Sorri quando tirei a encomenda daquele mar de plástico com bolinhas. Eu as estouraria quando estivesse contemplando minha obra. Fui até o quarto. Coloquei a peça que faltava, a qual acabara de receber, no mecanismo caseiro que criara há cerca de um ano. Fechei a porta e a tranquei.

Se alguém estivesse do lado de fora, ouviria os estalos das bolinhas. Porém, em breve, provavelmente por volta das 19 horas e 15 minutos, não somente os vizinhos, mas toda a vizinhança das ruas ao redor ouviria um barulho estrondoso.

Foi o que aconteceu exatamente às 19:13h. Os moradores do prédio se encontravam no apartamento do síndico, inclusive aquele que seria o novo inquilino de Dona Clotilde. Na reunião de condomínio, a explosão foi ouvida. Olhos arregalados dos vizinhos em direção ao alto, ao segundo andar. O apartamento onde Cleiton morava foi destruído quando a bomba construída por ele detonou. Ele também havia feito um caixão, onde seu corpo fora encontrado quando os bombeiros tiveram acesso ao quarto em que se trancara.
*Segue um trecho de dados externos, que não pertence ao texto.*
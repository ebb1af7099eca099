-- ===== src/Command/Handles.antt =====
-- The queries that are open in the system over a whole run of the command (cmd/main.go).
use mathlib.Core.List.{Perm}
use mathlib.Core.List.Perm
use win_perf_counters.Command.{call_init, run_decoded, run_main}
use win_perf_counters.Pdh.Api.{Pdh}
use win_perf_counters.Prelude.{ℕ, true, Option, none, some, List, ◌++◌}
use win_perf_counters.Query.{Query}
use win_perf_counters.WinPerfCounters.Constructor.{default_config}
use win_perf_counters.WinPerfCounters.Ensures.{keeping, bind-Preserves}
use win_perf_counters.WinPerfCounters.Gathering.Repeated.{ignored_keeps}
use win_perf_counters.WinPerfCounters.Gathering.{gathers, ignoring}
use win_perf_counters.WinPerfCounters.Handles.Gathering.{Owned, gathers-Owned}
use win_perf_counters.WinPerfCounters.Handles.Hosts.{handles_of}
use win_perf_counters.WinPerfCounters.Handles.Implementation.{performance_query-HandleKeeping}
use win_perf_counters.WinPerfCounters.Handles.Lifecycle.{PdhHandles, handle_of}
use win_perf_counters.WinPerfCounters.Handles.{IsApart}
use win_perf_counters.WinPerfCounters.Implementation.{performance_query}
use win_perf_counters.WinPerfCounters.Model.{Config, State, System}

module _ {W T D : Type 0} (api : Pdh W T D) (system : System W T) (live : W → List ℕ)
    (laws : PdhHandles api live) (apart : IsApart system live)
    (decode : Config → Option Config) where
  abbrev IsOwned : List ℕ → State W Query T D → Type 0
  IsOwned others =
      Owned (performance_query api) system live handle_of
        (performance_query-HandleKeeping api live laws) apart others

  run_decoded-Owned :
      (decoded : Option Config) (ticks : ℕ) (others : List ℕ) (s : State W Query T D)
      → IsOwned others s
      → IsOwned others (run_decoded (performance_query api) system decode decoded ticks s).1
  unfolding run_decoded
  run_decoded-Owned none ticks others s p = p
  run_decoded-Owned (some config) ticks others s p =
      ((bind-Preserves (IsOwned others)
          (ignoring (performance_query api) system
            (call_init (performance_query api) system decode))
          (λ u. gathers (performance_query api) system ticks)
          (keeping (IsOwned others) _
            (λ s' i. ignored_keeps (performance_query api) system (IsOwned others) _ i))
          (λ u.
            gathers-Owned (performance_query api) system live handle_of
              (performance_query-HandleKeeping api live laws) apart others ticks)).outcome
        (record s { config = config }) p).1

  -- On a system where PdhOpenQuery and PdhCloseQuery open and close what they report, and nothing else
  -- touches the open queries: however long the command runs, whatever is configured and whatever
  -- fails, the queries that are open at its end are those of the hosts in its map and those that were
  -- open at its start, each once. None is lost.
  pub run_main_loses_no_query :
      (ticks : ℕ) (w : W)
      → let s : State W Query T D = (run_main (performance_query api) system decode ticks w).1 in
        Perm (live s.world) (handles_of handle_of s.host_counters ++ live w)
  unfolding run_main
  run_main_loses_no_query ticks w =
      run_decoded-Owned (decode (default_config true)) ticks (live w) _ (Perm.refl (live w))
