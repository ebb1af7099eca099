-- ===== src/Command/Runs.antt =====
-- What the command does over its whole run.
use win_perf_counters.Command.{call_init, run_decoded, run_main}
use win_perf_counters.Prelude.{ℕ, ◌≡◌, refl, true, Option, none, some, [], All}
use win_perf_counters.WinPerfCounters.Constructor.{default_config, new_win_perf_counters}
use win_perf_counters.WinPerfCounters.Ensures.{keeping, bind-Preserves}
use win_perf_counters.WinPerfCounters.Gathering.Invariant.{IsClean, fresh-IsClean, gathers-IsClean}
use win_perf_counters.WinPerfCounters.Gathering.Repeated.{ignored_keeps}
use win_perf_counters.WinPerfCounters.Gathering.Samples.{IsSample}
use win_perf_counters.WinPerfCounters.Gathering.{gathers, ignoring}
use win_perf_counters.WinPerfCounters.Model.{Config, State, PerformanceQuery, System}

module _ {W Q T D : Type 0} (queries : PerformanceQuery W Q T D) (system : System W T)
    (decode : Config → Option Config) where
  run_decoded-IsClean :
      (decoded : Option Config) (ticks : ℕ) (s : State W Q T D)
      → s.host_counters ≡ []
      → s.samples ≡ []
      → IsClean (run_decoded queries system decode decoded ticks s).1
  unfolding run_decoded
  run_decoded-IsClean none ticks s no_hosts no_samples =
      fresh-IsClean queries system s no_hosts no_samples
  run_decoded-IsClean (some config) ticks s no_hosts no_samples =
      ((bind-Preserves IsClean (ignoring queries system (call_init queries system decode))
          (λ u. gathers queries system ticks)
          (keeping IsClean _ (λ s' i. ignored_keeps queries system IsClean _ i))
          (λ u. gathers-IsClean queries system ticks)).outcome
        _ (fresh-IsClean queries system (record s { config = config }) no_hosts no_samples)).1

  -- Whatever is configured, however long the command runs and whatever the system answers, errors and
  -- panics included: every sample that it passes on, also those that other goroutines of a `Gather`
  -- pass on in which one panics, has a measurement and at least one field, and neither the measurement
  -- nor the name of a field has a space, a percent sign or a backslash. The goroutines of a `Gather`
  -- run one after another, and a panic ends the process when they have all run.
  pub run_main-IsSample :
      (ticks : ℕ) (w : W) → All IsSample (run_main queries system decode ticks w).1.samples
  unfolding run_main
  run_main-IsSample ticks w =
      (run_decoded-IsClean (decode (default_config true)) ticks (new_win_perf_counters true w) refl
        refl).passed
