-- ===== src/Dict/Laws.antt =====
-- Maps whose keys are compared by a test that decides equality: what an assignment leaves at every
-- key, and that no key stands twice.
use win_perf_counters.Dict.{lookup, insert}
use win_perf_counters.Prelude.{
  ◌≡◌, refl, ◌↔◌, Bool, true, none, some, List, [], ◌∷◌, if◌then◌else◌, arith, inl, inr, Bool-cases,
}

abbrev pub Decides : {K : Type 0} → (K → K → Bool) → Type 0
Decides {K} same = (j k : K) → (same j k ≡ true) ↔ (j ≡ k)

module _ {K V : Type 0} (same : K → K → Bool) where
  -- No key stands twice.
  abbrev pub NodupKeys : List (K × V) → Type 0
  NodupKeys [] = Unit
  NodupKeys ((k, v) ∷ m) = (lookup same k m ≡ none) × NodupKeys m

module _ {K V : Type 0} (same : K → K → Bool) (decides : Decides same) where
  pub lookup-insert_all :
      (j k : K) (v : V) (m : List (K × V))
      → lookup same j (insert same k v m) ≡ (if same k j then some v else lookup same j m)
  unfolding lookup insert
  lookup-insert_all j k v [] = refl
  lookup-insert_all j k v ((i, w) ∷ m) =
      ground (arith, decides i k, decides i j, decides k j, lookup-insert_all j k v m)

  -- Of two assignments to a key the first leaves nothing.
  pub insert-insert :
      (k : K) (v v' : V) (m : List (K × V))
      → insert same k v' (insert same k v m) ≡ insert same k v' m
  unfolding insert
  insert-insert k v v' [] = rw ((decides k k).1 refl) refl
  insert-insert k v v' ((i, w) ∷ m) = elim (Bool-cases (same i k)) [
    | inl here ↦ rw (here, (decides k k).1 refl) refl
    | inr there ↦ rw (there, there, insert-insert k v v' m) refl
  ]

  pub insert-NodupKeys :
      (k : K) (v : V) (m : List (K × V)) → NodupKeys same m → NodupKeys same (insert same k v m)
  unfolding insert lookup
  insert-NodupKeys k v [] n = (refl, tt)
  insert-NodupKeys k v ((j, w) ∷ m) n = elim (Bool-cases (same j k)) [
    | inl here ↦ rw here (ground (arith, decides j k, n.0), n.1)
    | inr there ↦ rw there (
      ground (arith, decides j k, decides k j, n.0, lookup-insert_all j k v m),
      insert-NodupKeys k v m n.1,
    )
  ]
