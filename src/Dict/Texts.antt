-- ===== src/Dict/Texts.antt =====
-- Maps whose keys are texts: what an assignment leaves at its own key and at the others.
use win_perf_counters.Dict.{lookup, insert}
use win_perf_counters.Prelude.{◌≡◌, ◌≢◌, some, List, [], ◌∷◌, arith}
use win_perf_counters.Text.Equality.{text_eq_iff, text_eq_self}
use win_perf_counters.Text.{Text, text_eq}

pub lookup-insert_other :
    {V : Type 0} (j k : Text) (v : V) (m : List (Text × V))
    → j ≢ k
    → lookup text_eq k (insert text_eq j v m) ≡ lookup text_eq k m
unfolding lookup insert
lookup-insert_other j k v [] ne = ground (arith, text_eq_iff j k)
lookup-insert_other j k v ((i, w) ∷ m) ne =
    ground
      (arith, text_eq_iff i j, text_eq_iff i k, text_eq_iff j k, lookup-insert_other j k v m ne)

pub lookup-insert :
    {V : Type 0} (j : Text) (v : V) (m : List (Text × V))
    → lookup text_eq j (insert text_eq j v m) ≡ some v
unfolding lookup insert
lookup-insert j v [] = ground (arith, text_eq_self j)
lookup-insert j v ((i, w) ∷ m) = ground (arith, text_eq_self j, lookup-insert j v m)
Foi retirado um bilhete dentro de uma minúscula cápsula flexível de alumínio na arcada dentária de Cleiton quando a perícia analisou o corpo dentro do caixão chamuscado. Nele estava escrito:

"Encontrei o meu novo lar. Eu o construí. Meu amor, te aguardo para morar aqui comigo, neste nosso novo ninho. Não demore muito. Aqui jaz o novo inquilino desta morada."